> Recorded data
━━━━━━━━━━
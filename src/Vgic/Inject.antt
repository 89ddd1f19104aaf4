-- ===== src/Vgic/Inject.antt =====
-- add_virtual_interrupt of src/vgic.rs: where an entry lands among the list registers.
use mini_visor_real_device.Base.{
  ap, ℕ, zero, suc, ◌+◌, ◌-◌, ◌*◌, ◌/◌, ◌%◌, ◌^◌, ◌<◌, ◌≤◌, ◌≡◌, ◌≢◌, ◌⊎◌, inl, inr, refl, arith,
  some, List, [], ◌∷◌, bit_or, bit_and, ◌<<<◌, bit_or_split, bit_or-zero, bit_and_mask, test_bit,
  bit_or_test, pow_test, test_bit-le, length, get_elem?, ◌==◌, ==_iff, Bool-cases,
}
use mini_visor_real_device.Cpu.{Cpu}
use mini_visor_real_device.Vgic.{
  add_loop, add_virtual_interrupt, supported_lrn, ich_lrn_el2_status, ich_lrn_el2_status_pending,
  ich_lrn_el2_status_inactive,
}

-- The virtual identifier of a list register, and its pending bit.
abbrev pub vintid : ℕ → ℕ
vintid lr = bit_and lr (1 <<< 32 - 1)

abbrev pub IsPending : ℕ → Type 0
IsPending lr = test_bit lr 62 ≡ 1

-- A register that holds another interrupt.
abbrev pub IsTaken : ℕ → ℕ → Type 0
IsTaken entry lr =
    (bit_and lr ich_lrn_el2_status ≢ ich_lrn_el2_status_inactive) × (vintid lr ≢ vintid entry)

-- The first `n` registers all hold other interrupts.
abbrev pub IsFull : ℕ → ℕ → List ℕ → Type 0
IsFull entry zero lrs = Unit {0}
IsFull entry (suc n) [] = Unit {0}
IsFull entry (suc n) (lr ∷ lrs) = IsTaken entry lr × IsFull entry n lrs

-- What becomes of the register that takes the entry: it is replaced where it was inactive, and where
-- it holds the same interrupt only its pending bit is set.
abbrev pub Takes : (entry old lr : ℕ) → Type 0
Takes entry old lr =
    ((bit_and old ich_lrn_el2_status ≡ ich_lrn_el2_status_inactive) × (lr ≡ entry))
    ⊎ ((bit_and old ich_lrn_el2_status ≢ ich_lrn_el2_status_inactive)
        × (vintid old ≡ vintid entry)
        × (lr ≡ bit_or old ich_lrn_el2_status_pending))

-- One register `place` below `n` took the interrupt, the first that was inactive or held the same
-- one: it is pending there, and no other register changed.
pub record Landed (entry n : ℕ) (lrs lrs' : List ℕ) : Type 0 where
  pub place : ℕ
  pub old : ℕ
  pub lr : ℕ
  pub place_lt : place < n
  pub was : get_elem? lrs place ≡ some old
  pub first : IsFull entry place lrs
  pub takes : Takes entry old lr
  pub found : get_elem? lrs' place ≡ some lr
  pub pending : IsPending lr
  pub id : vintid lr ≡ vintid entry
  pub others : (j : ℕ) → j ≢ place → get_elem? lrs' j ≡ get_elem? lrs j
  pub same_length : length lrs' ≡ length lrs

IsPending-or : (lr : ℕ) → IsPending (bit_or lr ich_lrn_el2_status_pending)
IsPending-or lr = omega (arith, bit_or_test 62 lr (2 ^ 62), pow_test 62 62, test_bit-le lr 62)

vintid-or : (lr : ℕ) → vintid (bit_or lr ich_lrn_el2_status_pending) ≡ vintid lr
vintid-or lr =
    let s = bit_or_split 32 (lr / 2 ^ 32) (2 ^ 30) (lr % 2 ^ 32) 0 (omega arith) (omega arith) in
    let e : lr / 2 ^ 32 * 2 ^ 32 + lr % 2 ^ 32 ≡ lr = omega arith in
    let e' : 2 ^ 30 * 2 ^ 32 + 0 ≡ 2 ^ 62 = omega arith in
    let t : bit_or lr (2 ^ 62) ≡ bit_or (lr / 2 ^ 32) (2 ^ 30) * 2 ^ 32 + bit_or (lr % 2 ^ 32) 0 =
      rw (e, e') at s in
    omega
      (arith, bit_and_mask 32 (bit_or lr (2 ^ 62)), bit_and_mask 32 lr, bit_or-zero (lr % 2 ^ 32))

abbrev Outcome : ℕ → ℕ → List ℕ → List ℕ → Type 0
Outcome entry n lrs lrs' = (IsFull entry n lrs × (lrs' ≡ lrs)) ⊎ Landed entry n lrs lrs'

Outcome-cons :
    (entry n lr : ℕ) (lrs lrs' : List ℕ)
    → IsTaken entry lr
    → Outcome entry n lrs lrs'
    → Outcome entry (suc n) (lr ∷ lrs) (lr ∷ lrs')
Outcome-cons entry n lr lrs lrs' taken (inl (full, e)) = inl ((taken, full), rw e)
Outcome-cons entry n lr lrs lrs' taken (inr at) = inr (record {
  place = suc at.place;
  old = at.old;
  lr = at.lr;
  place_lt = omega arith;
  was = at.was;
  first = (taken, at.first);
  takes = at.takes;
  found = at.found;
  pending = at.pending;
  id = at.id;
  others = elim [ zero ↦ λ h. refl | suc j ↦ λ h. at.others j (λ e. h (ap suc e)) ];
  same_length = ap suc at.same_length;
})

Landed-head :
    (entry n lr v : ℕ) (lrs : List ℕ)
    → Takes entry lr v
    → IsPending v
    → vintid v ≡ vintid entry
    → Landed entry (suc n) (lr ∷ lrs) (v ∷ lrs)
Landed-head entry n lr v lrs t p e = record {
  place = 0;
  old = lr;
  lr = v;
  place_lt = omega arith;
  was = refl;
  first = tt;
  takes = t;
  found = refl;
  pending = p;
  id = e;
  others = elim [ zero ↦ λ h. absurd (h refl) | suc j ↦ λ h. refl ];
  same_length = refl;
}

add_loop-Outcome :
    (entry n : ℕ) (lrs : List ℕ)
    → IsPending entry
    → n ≤ length lrs
    → Outcome entry n lrs (add_loop entry n lrs)
unfolding add_loop
add_loop-Outcome entry zero lrs p h = inl (tt, refl)
add_loop-Outcome entry (suc n) [] p h = elim h [ ]
add_loop-Outcome entry (suc n) (lr ∷ lrs) p h =
    elim (Bool-cases (bit_and lr ich_lrn_el2_status == ich_lrn_el2_status_inactive)) [
      | inl free ↦
          rw free (inr (Landed-head entry n lr entry lrs (inl ((==_iff _ _).0 free, refl)) p refl))
      | inr busy ↦ elim (Bool-cases (vintid lr == vintid entry)) [
        | inl same ↦
            rw (busy, same)
              (inr (
                Landed-head entry n lr _ lrs (inr (λ e. ground arith, (==_iff _ _).0 same, refl))
                  (IsPending-or lr) (ground (arith, vintid-or lr))))
        | inr other ↦
            rw (busy, other)
              (Outcome-cons entry n lr lrs _ (λ e. ground arith, λ e. ground arith)
                (add_loop-Outcome entry n lrs p (omega arith)))
      ]
    ]

-- On a CPU with three list registers, an entry that is pending lands in the first of the implemented
-- ones that is inactive, which becomes the entry, or holds an interrupt of the same identifier, whose
-- pending bit is set; no other register changes. Only where all of the implemented registers hold
-- other interrupts is it dropped, and then no register changes.
pub add_virtual_interrupt-Landed :
    (entry : ℕ) (cpu : Cpu)
    → IsPending entry
    → length cpu.ich_lr ≡ 3
    → (IsFull entry (supported_lrn cpu) cpu.ich_lr
        × ((add_virtual_interrupt entry cpu).ich_lr ≡ cpu.ich_lr))
      ⊎ Landed entry (supported_lrn cpu) cpu.ich_lr (add_virtual_interrupt entry cpu).ich_lr
unfolding add_virtual_interrupt
add_virtual_interrupt-Landed entry cpu p h =
    add_loop-Outcome entry (supported_lrn cpu) cpu.ich_lr p (unfold supported_lrn in omega arith)

length-add_loop : (entry n : ℕ) (lrs : List ℕ) → length (add_loop entry n lrs) ≡ length lrs
unfolding add_loop
length-add_loop entry zero lrs = refl
length-add_loop entry (suc n) [] = refl
length-add_loop entry (suc n) (lr ∷ lrs) = ground (arith, length-add_loop entry n lrs)

pub length-add_virtual_interrupt :
    (entry : ℕ) (cpu : Cpu) → length (add_virtual_interrupt entry cpu).ich_lr ≡ length cpu.ich_lr
unfolding add_virtual_interrupt
length-add_virtual_interrupt entry cpu = length-add_loop entry (supported_lrn cpu) cpu.ich_lr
━━━━━━━━━━
> Activity
Look through the entries and work out how many lines have the word "implemented" in them; reply with that number only.

> Worked solution
2